Background: Chronic Kidney Disease is one of the major complications of Diabetic patients. Cardiovascular mortality increases in patient with diabetes and more so with diabetic CKD. Clinician treating diabetic CKD finds option limited as metformin is considered contraindicated when serum creatinine is greater than 1.5 mg/dl in males and greater than 1.4 mg/dl in females. The primary aim of the study is to evaluate the efficacy of metformin in terms of glycemic control in patient with diabetic stage 3 and 4 CKD.
 Methods: This is Randomised open labelled clinical trial done in the Department of Internal Medicine, B. P. Koirala Institute of Health Sciences, Dharan, Nepal. Primary end point were glycemic status at 6 months as defined by with fasting, post prandial blood sugar, glycosylated hemoglobin in comparison to baseline.

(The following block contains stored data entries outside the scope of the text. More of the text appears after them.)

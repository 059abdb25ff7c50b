-- ===== src/Examples/Scripts.antt =====
-- internal/script: a reader over the natural numbers, and small sources.
use laskah.Prelude.{
  ℕ, ◌+◌, ◌-◌, ◌*◌, ◌≡◌, ◌≤◌, ◌<◌, ◌≢◌, refl, true, false, ◌&&◌, ◌||◌, Option, none, some, [], ◌∷◌,
  ◌++◌, any, leb, inl, inr, length, drop, In,
}
use laskah.Prelude.Text.{Text, codes, text_eq, text_beq}
use laskah.Script.Outcome.{ok, failed, out_of_fuel, string_not_closed, string_over_lines}
use laskah.Script.Lexer.{Reader, punct, string, punctuators, has_prefix}
use laskah.Script.Lexer.Literals.{is_decimal}
use laskah.Script.Lexer.Scan.{next, read_punct}
use laskah.Script.Lexer.Strings.{escape_text, next-escape_text, next-unclosed}
use laskah.Script.Lexer.Longest.{read_punct-longest}
use laskah.Script.Syntax.{
  Node, num_lit, ident, cond, call, member, no_nodes, node_then, fn_lit, expr_body, block_body,
  no_stmts,
}
use laskah.Script.Parser.{max_nodes, word_is}
use laskah.Script.Parser.Run.{parse_program}
use laskah.Script.Parser.Sizes.{node_size, NodeIsClean}
use laskah.Script.Parser.Total.{parse_program-total, parse_program-NodeIsClean, parse_program-size}

-- Digits only.
abbrev decimal : ℕ → Text → Option ℕ
decimal before [] = some before
decimal before (c ∷ text) =
    let later = decimal (before * 10 + (c - 48)) text in
    elim (is_decimal c) [ true ↦ later | false ↦ none ]

abbrev pub reader : Reader ℕ
reader = record {
  is_letter = λ c. leb 97 c && leb c 122 || leb 65 c && leb c 90;
  is_digit = is_decimal;
  parse_float = decimal 0;
  of_uint = λ n. n;
  format_float = λ n. (48 + n) ∷ [];
}

abbrev source : Text
source = codes "a ? b.c(1) : x => 2"

abbrev tree : Node ℕ
tree =
    cond (ident (codes "a"))
      (call (member (ident (codes "b")) (codes "c") false) (node_then (num_lit 1) no_nodes) false)
      (fn_lit (codes "x" ∷ []) (expr_body (num_lit 2)))

source-tree : parse_program reader source ≡ ok tree
unfolding parse_program word_is text_beq any
source-tree = refl

parse_program-total_example : parse_program reader source ≢ out_of_fuel
parse_program-total_example = parse_program-total reader source

parse_program-NodeIsClean_example : NodeIsClean tree
parse_program-NodeIsClean_example = parse_program-NodeIsClean reader source tree source-tree

-- A parameter may have a banned name.
banned_parameter :
    parse_program reader (codes "function (eval) {}")
    ≡ ok (fn_lit (codes "eval" ∷ []) (block_body no_stmts))
unfolding parse_program word_is text_beq any
banned_parameter = refl

parse_program-size_example : node_size tree < max_nodes
parse_program-size_example = parse_program-size reader source tree source-tree

-- `it's` between single quotes.
abbrev quoted_text : Text
quoted_text = codes "it's"

next-escape_text_example :
    next reader 39 (escape_text 39 quoted_text ++ 39 ∷ codes " + 1") 1
    ≡ ok (record { kind = string quoted_text; line = 1 }, record { rest = codes " + 1"; line = 1 })
next-escape_text_example = next-escape_text reader 39 1 quoted_text (codes " + 1") (inl refl)

next-unclosed_example :
    (next reader 39 (escape_text 39 quoted_text ++ 10 ∷ codes "x") 3 ≡ failed (string_over_lines 3))
    × (next reader 39 (escape_text 39 quoted_text) 3 ≡ failed (string_not_closed 3))
next-unclosed_example = next-unclosed reader 39 3 quoted_text (codes "x") (inl refl)

read_punct-longest_example :
    (p : Text) × In p punctuators
    × (length (codes "==") ≤ length p)
    × (codes "===b" ≡ p ++ drop (length p) (codes "===b"))
    × (read_punct reader (record { rest = codes "===b"; line = 1 })
        ≡ ok (
          record { kind = punct p; line = 1 },
          record { rest = drop (length p) (codes "===b"); line = 1 },
        ))
unfolding has_prefix
read_punct-longest_example =
    read_punct-longest reader (codes "===b") (codes "==") 1 (inr (inr (inr (inr (inr (inl refl))))))
      refl
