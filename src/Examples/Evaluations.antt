-- ===== src/Examples/Evaluations.antt =====
-- internal/script/eval.go: a host over the natural numbers, and small executions.
use laskah.Prelude.{
  ℕ, zero, suc, ◌+◌, ◌≤◌, ◌<◌, ◌≡◌, ◌≢◌, refl, false, none, List, [], ◌∷◌, In, inl, inr, arith,
}
use laskah.Prelude.Text.{Text, codes, text_beq}
use laskah.Prelude.Int.{pos}
use laskah.Script.Outcome.{ok, failed, out_of_fuel, stack_overflow}
use laskah.Script.Syntax.{ident, expr_body}
use laskah.Script.Values.{
  Host, Value, num, array, callable, slice_cell, Cell, Interp, items_at, max_steps,
}
use laskah.Script.Values.Convert.{text_within, to_string}
use laskah.Script.Values.Cycles.{IsRanked, text_within-cycle, to_string-ranked}
use laskah.Script.Eval.Interpreter.{new_interp, interpreter}
use laskah.Script.Eval.Total.{invoke-total, invoke-steps}
use laskah.Examples.Samples.{thousandths}
use laskah.Examples.Scripts.{reader}

abbrev pub host : Host ℕ
host = record {
  float = thousandths;
  reader = reader;
  nan = 0;
  infinity = 1000000;
  is_nan = λ x. false;
  negate = λ x. 0;
  mod_of = λ x y. x;
  pow = λ x y. x;
  max = λ x y. x;
  min = λ x y. x;
  abs = λ x. x;
  floor = λ x. x;
  ceil = λ x. x;
  truncate = λ x. x;
  sqrt = λ x. x;
  log = λ x. x;
  to_int = λ x. pos x;
  format_plain = λ x. (48 + x) ∷ [];
  format_fixed = λ n x. (48 + x) ∷ [];
  to_lower = λ t. t;
  to_upper = λ t. t;
  decode_json = λ t. none;
  encode_json = λ j. none;
}

-- `(x) => x`
abbrev identity : Value ℕ
identity = callable 0 (codes "x" ∷ []) (expr_body (ident (codes "x"))) []

abbrev fresh : Interp ℕ
fresh = new_interp

-- After the call of the function and the evaluation of its body.
abbrev after : Interp ℕ
after = record { steps = 2; cells = []; frames = ((codes "x", num 7) ∷ []) ∷ []; functions = 0 }

identity-call : (interpreter host).invoke identity (num 7 ∷ []) fresh ≡ ok (num 7, after)
unfolding interpreter text_beq
identity-call = refl

invoke-total_example : (interpreter host).invoke identity (num 7 ∷ []) fresh ≢ out_of_fuel
invoke-total_example = invoke-total host identity (num 7 ∷ []) fresh (omega arith)

invoke-steps_example : (0 ≤ 2) × (2 ≤ max_steps)
invoke-steps_example =
    invoke-steps host identity (num 7 ∷ []) fresh after (num 7) (omega arith) identity-call

-- `const a = [1]; a[0] = a`
abbrev looped : List (Cell ℕ)
looped = slice_cell (array 0 ∷ []) ∷ []

text_within-cycle_example : text_within host 1000 looped (array 0) ≡ failed stack_overflow
unfolding items_at
text_within-cycle_example = text_within-cycle host 1000 looped 0 (inl refl)

-- `[[1]]`
abbrev nested : List (Cell ℕ)
nested = slice_cell (array 1 ∷ []) ∷ slice_cell (num 1 ∷ []) ∷ []

abbrev nested_rank : ℕ → ℕ
nested_rank zero = 1
nested_rank (suc r) = 0

nested-IsRanked : IsRanked nested nested_rank
unfolding items_at
nested-IsRanked zero = (omega arith, λ q m. inner q m)
  where
    inner : (q : ℕ) → In {A = Value ℕ} (array q) (array 1 ∷ []) → nested_rank q < 1
    inner q (inr n) = elim n [ ]
    inner q (inl e) = let i : q ≡ 1 = cc in rw i (omega arith)
nested-IsRanked (suc zero) = (omega arith, λ q m. other q m)
  where
    other : (q : ℕ) → In {A = Value ℕ} (array q) (num 1 ∷ []) → nested_rank q < 0
    other q (inl e) = absurd cc
    other q (inr n) = elim n [ ]
nested-IsRanked (suc (suc r)) = (omega arith, λ q m. absurd m)

to_string-ranked_example : (t : Text) × (to_string host nested (array 0) ≡ ok t)
to_string-ranked_example = to_string-ranked host nested nested_rank (array 0) nested-IsRanked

 Results: Altogether 73 diabetic patients with diabetic CKD stage 3 and 4 were included in the study. 41 patients were included in insulin group and 32 patients in metformin group. In metformin group, the fasting and past prandial blood sugar declined progressively compared to insulin group, where fasting and post prandial blood sugar declined more rapidly.
 Conclusions: Metformin is found to be efficacious in diabetic CKD as it had already proved to be effective in diabetes without CKD. In this study metformin was not associated with lactic acidosis and the level of lactate with metformin treatment was similar to that of treatment with insulin. The vast majority of case reports relating metformin to lactic acidosis report at least one other disease/illness that could result in lactic acidosis. Despite increasing disregard of contraindications to metformin by physicians, the incidence of lactic acidosis has not increased, as does the result of this study. So metformin may be safe even in patients with diabetic CKD stage 3 and 4.